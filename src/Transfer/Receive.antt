-- ===== src/Transfer/Receive.antt =====
-- The receive loop of the download: what it has written is what the peer has sent.
use action_learning_p2p_vers.Prelude.{
  ℕ, zero, suc, ◌+◌, ◌-◌, ◌≤◌, ◌<◌, ◌≡◌, refl, sym, ap, ◌∙◌, ◌≢◌, Bool, true, false, [], ◌∷◌, ◌++◌,
  some, arith, ltb, leb, ltb→lt, inl, inr, Bool-cases, length, length-append, append-nil,
  append_assoc, min,
}
use action_learning_p2p_vers.Prelude.Int.{ℤ}
use action_learning_p2p_vers.Prelude.Text.{Text}
use action_learning_p2p_vers.Disk.Io.{Disk, Result, ok, threw}
use action_learning_p2p_vers.Disk.Ops.{append}
use action_learning_p2p_vers.Disk.Frame.{file_at}
use action_learning_p2p_vers.Disk.Effects.{Same, SameBut}
use action_learning_p2p_vers.Disk.Streams.{Wrote, append-Wrote}
use action_learning_p2p_vers.Disk.Calm.{append-calm}
use action_learning_p2p_vers.Crypto.Sha.{buffer_size}
use action_learning_p2p_vers.Sockets.{Net, IsStream, ReadLaw, ReadResult, got}
use action_learning_p2p_vers.Transfer.Download.{
  Stop, finished, read_timeout, read_error, peer_closed, write_failed, out_of_fuel, Progress,
  receive_loop, after_read, after_append,
}

module _ (n : Net) (s : IsStream n) (fd : ℤ) (tmp : Text) (expected : ℕ) where
  open s use {incoming, read_law}

  -- The temporary file has grown by `received`, which came off the front of the stream.
  pub record Grew (total : ℕ) (c : Text) (m : ℕ) (d : Disk) (w : n.World) (r : Progress n)
      : Type 0 where
    pub received : Text
    pub content : file_at tmp r.2 ≡ some (c ++ received, m)
    pub stream : r.0 ≢ write_failed → incoming fd w ≡ received ++ incoming fd r.3
    pub count : r.1 ≡ total + length received
    pub within : r.1 ≤ expected
    pub others : SameBut tmp d r.2
    pub ends : r.0 ≢ out_of_fuel
    pub full : r.1 ≡ expected → r.0 ≡ finished
    pub finishes : r.0 ≡ finished → r.1 ≡ expected
    pub calm : d.faults ≡ [] → r.2.faults ≡ []

  -- The loop stops in the middle, and nothing has changed but what the stream holds.
  stays :
      {total : ℕ} {c : Text} {m : ℕ} {d d' : Disk} {w w' : n.World} (stop : Stop)
      → file_at tmp d ≡ some (c, m)
      → total < expected
      → Same d d'
      → (d.faults ≡ [] → d'.faults ≡ [])
      → (stop ≢ write_failed → incoming fd w' ≡ incoming fd w)
      → stop ≢ out_of_fuel
      → stop ≢ finished
      → Grew total c m d w (stop, total, d', w')
  stays {c = c} {m = m} stop at_tmp lt same quiet still fuelled early = record {
    received = [];
    content = same tmp ∙ at_tmp ∙ ap (λ x. some (x, m)) (sym (append-nil c));
    stream = λ h. sym (still h);
    count = omega arith;
    within = omega arith;
    others = λ q _. same q;
    ends = fuelled;
    full = λ h. absurd (omega arith);
    finishes = λ h. absurd (early h);
    calm = quiet;
  }

  -- One round, and the rest of the loop.
  extend :
      {total : ℕ} {c : Text} {m : ℕ} {d d' : Disk} {w w' : n.World} {r : Progress n} (bytes : Text)
      → incoming fd w ≡ bytes ++ incoming fd w'
      → SameBut tmp d d'
      → (d.faults ≡ [] → d'.faults ≡ [])
      → Grew (total + length bytes) (c ++ bytes) m d' w' r
      → Grew total c m d w r
  extend {c = c} {m = m} bytes before same quiet g = record {
    received = bytes ++ g.received;
    content = g.content ∙ ap (λ x. some (x, m)) (append_assoc c bytes g.received);
    stream = λ h. before ∙ ap (◌++◌ bytes) (g.stream h) ∙ sym (append_assoc bytes g.received _);
    count = omega (arith, g.count, length-append bytes g.received);
    within = g.within;
    others = λ q h. g.others q h ∙ same q h;
    ends = g.ends;
    full = g.full;
    finishes = g.finishes;
    calm = λ h. g.calm (quiet h);
  }

  module _ (total : ℕ) (c : Text) (m : ℕ) (d : Disk) (w : n.World)
      (at_tmp : file_at tmp d ≡ some (c, m)) (lt : total < expected) where
    -- What a round hands to the rest of the loop.
    abbrev Handed : (Text → Disk → n.World → Progress n) → Type 0
    Handed more =
        (bytes : Text) (d' : Disk) (w' : n.World)
        → 0 < length bytes
        → length bytes ≤ expected - total
        → incoming fd w ≡ bytes ++ incoming fd w'
        → file_at tmp d' ≡ some (c ++ bytes, m)
        → SameBut tmp d d'
        → (d.faults ≡ [] → d'.faults ≡ [])
        → Grew total c m d w (more bytes d' w')

    content_at :
        (c' : Text) (m' : ℕ) (d' : Disk) (bytes : Text)
        → file_at tmp d ≡ some (c', m')
        → file_at tmp d' ≡ some (c' ++ bytes, m')
        → file_at tmp d' ≡ some (c ++ bytes, m)
    content_at c' m' d' bytes old new = cc

    after_append-Grew :
        (b : ℕ) (bytes : Text) (w' : n.World) (more : Text → Disk → n.World → Progress n)
        (r : Result Bool × Disk)
        → length (b ∷ bytes) ≤ expected - total
        → incoming fd w ≡ (b ∷ bytes) ++ incoming fd w'
        → Wrote tmp (λ x. x ++ (b ∷ bytes)) d r
        → (d.faults ≡ [] → r.1.faults ≡ [])
        → Handed more
        → Grew total c m d w (after_append n total w' (λ d'. more (b ∷ bytes) d' w') r)
    unfolding after_append
    after_append-Grew b bytes w' more (ok true, d') le before ((c', m', old, new), others) quiet
          rest =
        rest (b ∷ bytes) d' w' (omega arith) le before (content_at c' m' d' (b ∷ bytes) old new)
          others quiet
    after_append-Grew b bytes w' more (ok false, d') le before same quiet rest =
        stays write_failed at_tmp lt same quiet (λ h. absurd (h refl)) (λ e. cc) (λ e. cc)
    after_append-Grew b bytes w' more (threw, d') le before h quiet rest = absurd h

    after_read-Grew :
        (more : Text → Disk → n.World → Progress n) (r : ReadResult × n.World)
        → ReadLaw (min buffer_size (expected - total)) (incoming fd w) (incoming fd r.1) r.0
        → Handed more
        → Grew total c m d w (after_read n tmp total d more r)
    unfolding after_read
    after_read-Grew more (got [], w') law rest =
        stays peer_closed at_tmp lt (λ q. refl) (λ h. h) (λ _. sym law.1) (λ e. cc) (λ e. cc)
    after_read-Grew more (got (b ∷ bytes), w') law rest =
        after_append-Grew b bytes w' more (append tmp (b ∷ bytes) d) (omega arith) law.1
          (append-Wrote tmp (b ∷ bytes) d) (λ h. append-calm tmp d h (b ∷ bytes)) rest
    after_read-Grew more (ReadResult.timed_out, w') law rest =
        stays read_timeout at_tmp lt (λ q. refl) (λ h. h) (λ _. law) (λ e. cc) (λ e. cc)
    after_read-Grew more (ReadResult.failed, w') law rest =
        stays read_error at_tmp lt (λ q. refl) (λ h. h) (λ _. law) (λ e. cc) (λ e. cc)

  complete :
      {total : ℕ} (c : Text) (m : ℕ) (d : Disk) (w : n.World)
      → file_at tmp d ≡ some (c, m)
      → total ≡ expected
      → Grew total c m d w (finished, total, d, w)
  complete c m d w at_tmp full = record {
    received = [];
    content = at_tmp ∙ ap (λ x. some (x, m)) (sym (append-nil c));
    stream = λ _. refl;
    count = omega arith;
    within = omega arith;
    others = λ q _. refl;
    ends = λ e. cc;
    full = λ _. refl;
    finishes = λ _. full;
    calm = λ h. h;
  }

  -- There is something to read while the file is not complete.
  wants_more : (total : ℕ) → total < expected → leb (min buffer_size (expected - total)) 0 ≡ false
  wants_more total lt = ground arith

  pub receive_loop-Grew :
      (fuel total : ℕ) (c : Text) (m : ℕ) (d : Disk) (w : n.World)
      → file_at tmp d ≡ some (c, m)
      → total ≤ expected
      → expected - total < fuel
      → Grew total c m d w (receive_loop n fd tmp expected fuel total d w)
  unfolding receive_loop
  receive_loop-Grew zero total c m d w at_tmp le lt = absurd (omega arith)
  receive_loop-Grew (suc fuel) total c m d w at_tmp le lt = elim (Bool-cases (ltb total expected)) [
    | inl more ↦
        rw (more, wants_more total (ltb→lt total expected more))
          (after_read-Grew total c m d w at_tmp (ltb→lt total expected more)
            (λ bytes. receive_loop n fd tmp expected fuel (total + length bytes))
            (n.read fd (min buffer_size (expected - total)) w)
            (read_law fd (min buffer_size (expected - total)) w)
            (λ bytes d' w' pos_len fits before at' others quiet. extend bytes before others quiet (
              receive_loop-Grew fuel (total + length bytes) (c ++ bytes) m d' w' at' (omega arith)
                (omega arith))))
    | inr done ↦ rw done (complete c m d w at_tmp (ground arith))
  ]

(TRY IT)
Beginning at the line with "(omega arith))))" and ending at the last line of the entries, print every line exactly.

(EXPECTED ANSWER)
                (omega arith))))
    | inr done ↦ rw done (complete c m d w at_tmp (ground arith))
  ]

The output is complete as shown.